SpringCloud - 广告系统

项目介绍

实现广告系统中最为核心的两个模块：广告投放系统与广告检索系统，并测试它们的可用性，学习广告系统的设计思想，实现方法。

基于SpringCloud框架开发，使用了Eureka、Zuul、Ribbon、Feign 以及 Hystrix组件. Eureka 用于服务的注册和服务信息的获取，Zull 和 Feign 都依赖于 Eureka 中存储的服务信息；Zuul 是网关，是整个工程的入口；Ribbon 和 Feign 用于访问其他的微服务，其实和你使用 RestTemplate 去访问没有实质上的区别，只是框架把它们封装的更加易于使用；Hystrix 用于熔断和降级，接口出错的时候，可以对接口的访问实现兜底.
在JVM中构造索引，使用倒排索引加速了检索的过程.
使用了Binlog作为增量索引的更新工具，监听和解析Binlog的过程.
使用了Kafka对增量数据的更新过程进行优化，减轻MySQL的压力.

Ad Delivery system and Ad Retrieval system Microservices built with Java/Spring Cloud.
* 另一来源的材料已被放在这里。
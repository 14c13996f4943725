-- ===== src/Auth/HandlerTests.antt =====
-- Concrete runs of the JWTs, handlers and middleware of gateway/src/auth, and the theorems about
-- them at those runs.
use rust_web_fullstack.Prelude.{
  ℕ, ◌+◌, ◌*◌, ◌≤◌, ◌<◌, ltb, length, true, false, String, Text, codes, Option, none, some, [], ◌∷◌,
  Result, ok, err, ◌≡◌, refl, arith, failed, if◌then◌else◌,
}
use rust_web_fullstack.Prelude.Int.{pos}
use rust_web_fullstack.Domain.{Uuid, as_uuid, try_from, from_str}
use rust_web_fullstack.Settings.{default_session_settings}
use rust_web_fullstack.Gateway.State.{GatewayState}
use rust_web_fullstack.Auth.Error.{internal}
use rust_web_fullstack.Auth.Store.{select_active, mark_replaced, Row, Table, insert}
use rust_web_fullstack.Auth.Refresh.{
  committed, lost_answer, rotate, hash_refresh_token, generate_raw_refresh_token,
}
use rust_web_fullstack.Auth.Jwt.{
  ErrorKind, Claims, JwtLibrary, expired_signature, create_jwt, validate_jwt,
}
use rust_web_fullstack.Auth.Jwt.RoundTrip.{AddsSeconds, IsKeyPair, validate_jwt-create_jwt}
use rust_web_fullstack.Auth.Session.{SessionApi}
use rust_web_fullstack.Auth.Handlers.{
  attach, validate_refresh, issue, authenticate, attach, validate_login, LoginRequest,
  LoginResponse, LoginOutcomes, RefreshResponse, login_handler, refresh_handler,
}
use rust_web_fullstack.Auth.Handlers.Login.{IsLoggedIn, login_handler-IsLoggedIn}
use rust_web_fullstack.Auth.Handlers.Refreshing.{IsRefreshed, refresh_handler-IsRefreshed}
use rust_web_fullstack.Auth.Tests.{lib, digest, add_seconds, row, table, outcomes, user}

-- A signer that writes the numbers of the claims, and a reader that takes the issuer and the
-- audience that it was asked for.
abbrev decode : Text → ℕ → String → String → Text → Result Claims ErrorKind
decode key time iss aud (u ∷ e ∷ i ∷ j ∷ []) =
    if ltb time e
    then ok (record { sub = record { uuid = u }; exp = e; iat = i; aud = aud; iss = iss; jti = j })
    else err expired_signature
decode key time iss aud token = err expired_signature

abbrev pub jwts : JwtLibrary
jwts = record { encode = λ key c. some (c.sub.uuid ∷ c.exp ∷ c.iat ∷ c.jti ∷ []); decode = decode }

jwts-IsKeyPair : (private public : Text) → IsKeyPair jwts private public
jwts-IsKeyPair private public c token time e before = ground (arith, e)

add_seconds-AddsSeconds : AddsSeconds add_seconds
add_seconds-AddsSeconds t n u e = ground (arith, e)

validate_jwt-create_jwt_example :
    (c : Claims) × (validate_jwt jwts 8 [] (9 ∷ 65 ∷ 5 ∷ 77 ∷ []) ≡ ok c)
    × (c.sub ≡ user)
    × (c.exp ≡ c.iat + 60)
    × (c.iat * 1_000_000 ≤ 5_000_000)
    × (5_000_000 < (c.iat + 1) * 1_000_000)
unfolding create_jwt
validate_jwt-create_jwt_example =
    validate_jwt-create_jwt add_seconds jwts 5_000_000 77 user [] [] (9 ∷ 65 ∷ 5 ∷ 77 ∷ []) 60 8
      add_seconds-AddsSeconds (jwts-IsKeyPair [] []) refl (ground arith)

-- A session store that holds the user id.
abbrev pub sessions : SessionApi (Option Text)
sessions = record {
  has_id = λ s. false;
  cycle_id = λ s. (s, true);
  insert_user = λ u s. (some u, true);
  get_user = λ s. (s, ok s);
  save = λ s. (s, true);
  clear = λ s. none;
  flush = λ s. (none, true);
}

abbrev broken_sessions : SessionApi (Option Text)
broken_sessions = record sessions { save = λ s. (s, false) }

abbrev pub parse_uuid : Text → Option Uuid
parse_uuid s = some (length s)

abbrev password : Text
password = codes "correct horse battery"

abbrev pub state : GatewayState
state = record {
  services = [];
  modules = [];
  settings = record {
    jwt_private_key_pem = [];
    jwt_public_key_pem = [];
    access_token_ttl_secs = pos 60;
    admin_user_id = record { uuid = 5 };
    default_admin_password = password;
    allowed_origins = [];
    sse_broadcast_buffer = 256;
    session = default_session_settings;
  };
  proxy_upstream_url = [];
  db_pool = true;
  refresh_token_ttl_secs = pos 3_600;
  access_token_ttl_secs = pos 60;
}

abbrev pub request : LoginRequest
request = record { user_id = codes "admin"; password = password }

abbrev pub login_outcomes : LoginOutcomes
login_outcomes = record {
  jwt_now = pos 5_000_000;
  jwt_jti = 77;
  random_bytes = some (3 ∷ 4 ∷ []);
  refresh_jti = 8;
  now = pos 10;
  inserts = committed;
  deletes = true;
}

abbrev pub logged_in_table : Table
logged_in_table =
    record {
      jti = 8;
      family_id = 8;
      subject = 5;
      hashed_token = digest (3 ∷ 4 ∷ []);
      expires_at = pos 3_600_000_010;
      revoked_at = none;
      replaced_by = none;
      created_at = pos 10;
    }
    ∷ table

abbrev pub response : LoginResponse
response = record {
  token = 5 ∷ 65 ∷ 5 ∷ 77 ∷ [];
  refresh_token = 3 ∷ 4 ∷ [];
  user_id = codes "admin";
}

pub logs_in :
    login_handler lib jwts parse_uuid sessions login_outcomes state request (table, none)
    ≡ ((logged_in_table, some (codes "admin")), ok response)
unfolding login_handler authenticate validate_login from_str as_uuid create_jwt issue
    generate_raw_refresh_token insert hash_refresh_token attach
logs_in = refl

login_handler-IsLoggedIn_example :
    IsLoggedIn lib jwts parse_uuid sessions login_outcomes state request table none logged_in_table
      (some (codes "admin"))
      response
login_handler-IsLoggedIn_example =
    login_handler-IsLoggedIn lib jwts parse_uuid sessions login_outcomes state request table
      logged_in_table none (some (codes "admin")) response logs_in

abbrev unconfirmed_login : LoginOutcomes
unconfirmed_login = record login_outcomes { inserts = lost_answer }

-- The row of an INSERT whose answer was lost stays.
left_behind :
    login_handler lib jwts parse_uuid sessions unconfirmed_login state request (table, none)
    ≡ ((logged_in_table, none), err (failed (internal "refresh token insert")))
unfolding login_handler authenticate validate_login from_str as_uuid create_jwt issue
    generate_raw_refresh_token insert hash_refresh_token
left_behind = refl

-- A refresh token of an admissible length, and its row.
abbrev pub long : Text
long = codes "0123456789012345678901234567890123456789012"

abbrev long_row : Row
long_row = record row { hashed_token = digest long }

abbrev refreshed_table : Table
refreshed_table =
    record {
      jti = 2;
      family_id = 1;
      subject = 9;
      hashed_token = digest (1 ∷ 2 ∷ []);
      expires_at = pos 3_600_000_010;
      revoked_at = none;
      replaced_by = none;
      created_at = pos 10;
    }
    ∷ record long_row { revoked_at = some (pos 10); replaced_by = some 2 }
    ∷ []

abbrev refreshed : RefreshResponse
refreshed = record { token = 9 ∷ 65 ∷ 5 ∷ 77 ∷ []; refresh_token = some (1 ∷ 2 ∷ []) }

refreshes :
    refresh_handler lib jwts parse_uuid outcomes
      (pos 5_000_000)
      77
      (pos 10)
      state
      long
      (long_row ∷ [])
    ≡ (refreshed_table, ok refreshed)
unfolding refresh_handler validate_refresh rotate select_active try_from insert mark_replaced
    as_uuid create_jwt
refreshes = refl

refresh_handler-IsRefreshed_example :
    IsRefreshed lib jwts parse_uuid outcomes
      (pos 5_000_000)
      77
      (pos 10)
      state
      long
      (long_row ∷ [])
      refreshed_table
      refreshed
refresh_handler-IsRefreshed_example =
    refresh_handler-IsRefreshed lib jwts parse_uuid outcomes (pos 5_000_000) 77 (pos 10) state long
      (long_row ∷ []) refreshed_table refreshed refreshes
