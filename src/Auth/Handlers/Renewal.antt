-- ===== src/Auth/Handlers/Renewal.antt =====
-- gateway/src/auth/handlers.rs: `refresh_handler` after `login_handler`.
use rust_web_fullstack.Prelude.{true, Text, Option, some, ok, ◌≡◌, ◌≢◌, refl, sym, ap, ◌∙◌, arith}
use rust_web_fullstack.Prelude.Int.{ltb_ℤ}
use rust_web_fullstack.Domain.{Uuid, DateTime, as_uuid}
use rust_web_fullstack.Gateway.State.{GatewayState}
use rust_web_fullstack.Auth.Store.{Table}
use rust_web_fullstack.Auth.Refresh.{Libraries, Outcomes}
use rust_web_fullstack.Auth.Refresh.Renewal.{Goes, rotate-top}
use rust_web_fullstack.Auth.Jwt.{JwtLibrary, create_jwt}
use rust_web_fullstack.Auth.Session.{SessionApi}
use rust_web_fullstack.Auth.Handlers.{
  LoginRequest, LoginResponse, LoginOutcomes, validate_refresh, login_handler, respond_refresh,
  refresh_handler,
}
use rust_web_fullstack.Auth.Handlers.Login.{login_handler-IsLoggedIn}
use rust_web_fullstack.Auth.Handlers.Issue.{root}

-- The refresh token of a login can be exchanged, on the table that the login left and at any time
-- before the token expires: the answer has a new refresh token, made of the random bytes, and an
-- access token made for the administrator. This is when the token has an admissible length, as
-- base64 of 32 bytes has, the administrator's identifier is not nil, the access token can be made,
-- the lifetime is positive and in range, the database carries out each statement, the system gives
-- random bytes, and the new identifier and digest are unused.
pub refresh_handler-login_handler :
    {S : Type 0} (lib : Libraries) (jwts : JwtLibrary) (parse_uuid : Text → Option Uuid)
    (api : SessionApi S) (login : LoginOutcomes) (io : Outcomes) (state : GatewayState)
    (request : LoginRequest) (t u : Table) (s s' : S) (response : LoginResponse)
    (jwt_now now until : DateTime) (jwt_jti : Uuid) (token : Text)
    → login_handler lib jwts parse_uuid api login state request (t, s) ≡ ((u, s'), ok response)
    → lib.add_seconds login.now state.refresh_token_ttl_secs ≡ some until
    → ltb_ℤ now until ≡ true
    → validate_refresh response.refresh_token ≡ true
    → as_uuid state.settings.admin_user_id ≢ 0
    → create_jwt lib.add_seconds jwts jwt_now jwt_jti state.settings.admin_user_id
        state.settings.jwt_private_key_pem state.settings.access_token_ttl_secs
      ≡ ok token
    → (g : Goes lib io now state.refresh_token_ttl_secs u)
    → (refresh_handler lib jwts parse_uuid io jwt_now jwt_jti now state response.refresh_token u).1
      ≡ ok (record { token = token; refresh_token = some (lib.base64 g.bytes) })
unfolding refresh_handler respond_refresh as_uuid
refresh_handler-login_handler lib jwts parse_uuid api login io state request t u s s' response
      jwt_now now until jwt_jti token done expires early fits not_nil signed g =
    let entered =
      login_handler-IsLoggedIn lib jwts parse_uuid api login state request t u s s' response done in
    let row = root lib login entered.user response.refresh_token entered.expires_at in
    let same : entered.expires_at ≡ until = ground (arith, entered.expires) in
    let (res, answered, renewed, owner) =
      rotate-top lib io response.refresh_token now state.refresh_token_ttl_secs row t u
        entered.table refl refl (rw same early) (λ e. not_nil (sym entered.admin.admin ∙ e)) g in
    let who : res.subject ≡ state.settings.admin_user_id =
      ap (λ n. record { uuid = n }) (owner ∙ entered.admin.admin) in
    rw (fits, entered.admin.pool, answered, who, signed, renewed) refl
Developed Ad Delivery system to create ads by user/features/creative information, and Ad Retrieval system to retrieve ads based on keyword/feature/geographic/ad information.

Used standalone mode of Eureka Server for Microservices registration and used Zuul Server as an API Gateway.

Increased the speed of the Ad retrieval process by constructing indexes in the JVM, and using inverted indexes.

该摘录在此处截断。